Llegué a casa a la una menos veinte y cuando salí del garaje iba caminando con mi propia versión del Síndrome de las Pelotas Azules. No había hecho más que encender las luces de la cocina cuando el teléfono empezó a sonar. En 1961 aún faltan cuarenta años para el identificador de llamadas, pero solo existía una persona que me llamaría a esa hora y después de esa noche.
—¿George? Soy yo. —Parecía serena, pero su voz era espesa. Había estado llorando. Y fuerte, a juzgar por el sonido.
—Hola, Sadie. No tuve la oportunidad de darte las gracias por una velada tan agradable. Durante el baile y después.
—Yo también lo he pasado bien. Hacía mucho tiempo que no bailaba. Casi me da miedo contarte con quién aprendí el lindy.
—Bueno, yo aprendí con mi ex mujer. Supongo que tú aprendiste con tu distante marido. —Pero no se trataba de una suposición; así funcionaban las cosas. Ya no me sorprendían, pero mentiría si os dijera que llegué a acostumbrarme a ese extraño repiqueteo de los acontecimientos.
—Sí. —Su tono era apagado—. Él. John Clayton, de los Clayton de Savannah. Y distante es la palabra correcta, porque es un hombre que vive en otro mundo.
—¿Cuánto tiempo llevas casada?
—Una eternidad y un día. Eso si es que quieres llamar matrimonio a lo que teníamos, claro. —Se rio. Era la risa de Ivy Templeton, llena de humor y desesperación—. En mi caso, una eternidad y un día suman poco más de cuatro años. Cuando terminen las clases en junio haré un discreto viaje a Reno. Buscaré un trabajo temporal de camarera o algo. El requisito de residencia es de seis semanas, lo que significa que a finales de julio o principios de agosto podré pegarle un tiro a este… chiste en el que me metí… como a un caballo con una pata rota.
—Puedo esperar —dije, pero en cuanto las palabras brotaron de mi boca me cuestioné su veracidad. Porque los actores empezaban a congregarse entre bastidores y la obra pronto se iniciaría. Para junio de 1962, Lee Oswald ya estaría de regreso en Estados Unidos, viviendo primero con Robert y la familia de Robert y luego con su madre. En agosto se mudaría a Mercedes Street en Fort Worth y trabajaría de soldador en la cercana Leslie Welding Company, montando ventanas de aluminio y la clase de contrapuertas que podía personalizarse con las iniciales.
—Estoy segura de que yo no podré. —Hablaba con una voz tan baja que tuve que aguzar el oído—. Era una novia virgen a los veintitrés y ahora soy una separada virgen a los veintiocho. Como dicen en mi tierra, eso es mucho tiempo para que el fruto siga colgando del árbol, sobre todo cuando la gente (tu propia madre, por ejemplo) presupone que has empezado a practicar el tema de las abejas y los pájaros hace cuatro años. Nunca se lo he explicado a nadie, y si lo cuentas, creo que me moriré.
—Quedará entre nosotros, Sadie. Ahora y siempre. ¿Era impotente?
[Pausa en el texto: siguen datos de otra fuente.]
-- ===== src/Auth.antt =====
-- backend/src/auth/, apart from refresh tokens and the login throttle.
pub mod Permissions
pub mod Guards
pub mod Access
pub mod Refusals
pub mod Sessions
pub mod Login
pub mod Credentials
pub mod Fresh
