-- ===== src/LoginThrottle/Effects.antt =====
-- What the operations of the throttle do to the entries of the Redis server.
use hotel_crm.Prelude.{
  ℕ, ◌+◌, ◌*◌, ◌<◌, ◌≤◌, ◌≡◌, ◌∙◌, String, Option, none, some, arith, leb, ltb, if◌then◌else◌,
  str_eq, str_eq-true, Bool-cases, inl, inr, [], ◌∷◌,
}
use mathlib.Core.Option
use hotel_crm.Platform.{Platform, World}
use hotel_crm.Platform.Results.{ok, err, too_many_requests}
use hotel_crm.Platform.RedisServer.{
  Entry, live, incremented, expiring_nx, expiring, incr, expire_nx,
}
use hotel_crm.LoginThrottle.Counter.{
  LoginAttemptIdentity, key_for, increment, increment_with_ttl, start_lockout, reset_ttl,
  count_attempts, get_count, clear, delete,
}
use hotel_crm.LoginThrottle.Service.{
  assert_not_locked, refuse_locked, record_failure, lock_out, reset, locked_message,
}

module _ {U T R K : Type 0} (p : Platform U T R K) where
  abbrev pub entry_of : World U T R → String → Option Entry
  entry_of w key = p.redis.entries w.redis key

  -- The failures that a reading of the counter sees at a time.
  abbrev pub seen : ℕ → Option Entry → ℕ
  seen at e = Option.get_or (Option.map (λ x. x.value) (live at e)) 0

  pub assert_not_locked_lem :
      (i : LoginAttemptIdentity) (w : World U T R)
      → (assert_not_locked p i w).0 ≡ (
          if leb p.env.login_max_attempts (seen (p.clock w.reads) (entry_of w (key_for p i)))
          then err (too_many_requests locked_message)
          else ok tt)
  unfolding assert_not_locked count_attempts get_count refuse_locked
  assert_not_locked_lem i w =
      rw (p.redis.get_lem (p.clock w.reads) (key_for p i) w.redis) (ground arith)

  abbrev pub incremented_entry : LoginAttemptIdentity → World U T R → Entry
  incremented_entry i w = incremented (live (p.clock w.reads) (entry_of w (key_for p i)))

  abbrev pub incremented_world : LoginAttemptIdentity → World U T R → World U T R
  incremented_world i w = record w {
    reads = w.reads + 1;
    redis =
        (p.redis.exec (p.clock w.reads)
          (incr (key_for p i) ∷ expire_nx (key_for p i) p.env.login_lockout_seconds ∷ [])
          w.redis).1;
  }

  increment_lem :
      (i : LoginAttemptIdentity) (w : World U T R)
      → increment p i p.env.login_lockout_seconds w
        ≡ (ok (incremented_entry i w).value, incremented_world i w)
  unfolding increment increment_with_ttl
  increment_lem i w =
      let (_, e) =
        p.redis.exec-incr_expire_nx (p.clock w.reads) (key_for p i) p.env.login_lockout_seconds
          w.redis in
      rw e

  -- Below the limit a failure is counted; at the limit the account is locked for the whole time.
  pub record_failure-below :
      (i : LoginAttemptIdentity) (w : World U T R)
      → (incremented_entry i w).value < p.env.login_max_attempts
      → record_failure p i w ≡ (ok tt, incremented_world i w)
  unfolding record_failure lock_out
  record_failure-below i w h = rw (increment_lem i w) (ground arith)

  pub record_failure-limit :
      (i : LoginAttemptIdentity) (w : World U T R)
      → p.env.login_max_attempts ≤ (incremented_entry i w).value
      → record_failure p i w ≡ start_lockout p i p.env.login_lockout_seconds (incremented_world i w)
  unfolding record_failure lock_out
  record_failure-limit i w h = rw (increment_lem i w) (ground arith)

  pub entry-increment :
      (i : LoginAttemptIdentity) (w : World U T R) (k : String)
      → 0 < p.env.login_lockout_seconds
      → entry_of (incremented_world i w) k ≡ (
          if str_eq (key_for p i) k
          then some (
              expiring_nx
                (p.clock w.reads + p.env.login_lockout_seconds * 1000)
                (incremented_entry i w))
          else entry_of w k)
  entry-increment i w k h =
      p.redis.entries-incr_expire_nx (p.clock w.reads) (key_for p i) p.env.login_lockout_seconds
        w.redis k h

  pub entry-start_lockout :
      (i : LoginAttemptIdentity) (w : World U T R) (k : String)
      → 0 < p.env.login_lockout_seconds
      → entry_of (start_lockout p i p.env.login_lockout_seconds w).1 k ≡ (
          if str_eq (key_for p i) k
          then expiring
              (p.clock w.reads + p.env.login_lockout_seconds * 1000)
              (live (p.clock w.reads) (entry_of w k))
          else entry_of w k)
  unfolding start_lockout reset_ttl
  entry-start_lockout i w k h = elim (Bool-cases (str_eq (key_for p i) k)) [
    | inl e ↦
        p.redis.entries-expire (p.clock w.reads) (key_for p i) p.env.login_lockout_seconds w.redis k
          h
        ∙ rw (e, str_eq-true _ _ e)
    | inr e ↦
        p.redis.entries-expire (p.clock w.reads) (key_for p i) p.env.login_lockout_seconds w.redis k
          h
        ∙ rw e
  ]

  pub entry-reset :
      (i : LoginAttemptIdentity) (w : World U T R) (k : String)
      → entry_of (reset p i w).1 k ≡ (if str_eq (key_for p i) k then none else entry_of w k)
  unfolding reset clear delete
  entry-reset i w k = p.redis.entries-del (key_for p i) w.redis k

  pub record_failure-ok :
      (i : LoginAttemptIdentity) (w : World U T R) → (record_failure p i w).0 ≡ ok tt
  unfolding start_lockout reset_ttl
  record_failure-ok i w =
      elim (Bool-cases (ltb (incremented_entry i w).value p.env.login_max_attempts)) [
        | inl e ↦ rw (record_failure-below i w (ground arith))
        | inr e ↦ rw (record_failure-limit i w (ground arith))
      ]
—No exact… —Se interrumpió. Por un momento solo hubo silencio. Cuando volvió a hablar, su voz estaba llena de horror—. George… ¿esta es una línea compartida?
—No. Por tres cincuenta más al mes, esta nena es toda mía.
—Gracias a Dios. Pero aun así no es un tema que se deba hablar por teléfono. Y, desde luego, tampoco en Al’s Diner comiendo una Berrenburguesa. ¿Quieres venir a cenar? Podemos hacer un picnic en el patio de atrás. Pongamos… ¿alrededor de las cinco?
—Me parece estupendo. Llevaré un bizcocho, o algo.
—Eso no es lo que quiero que traigas.
—Entonces, ¿qué?
—No puedo decirlo por teléfono, aunque no sea una línea compartida. Algo que se compra en una farmacia. Pero no lo compres en Jodie.
—Sadie…
—No digas nada, por favor. Voy a colgar y a mojarme la cara con agua fría. La tengo como si estuviera ardiendo.
Sonó un clic en mi oído. Ella se había ido. Me desvestí y me metí en la cama, donde yací despierto durante mucho tiempo, cavilando profundos pensamientos. Sobre el tiempo y el amor y la muerte.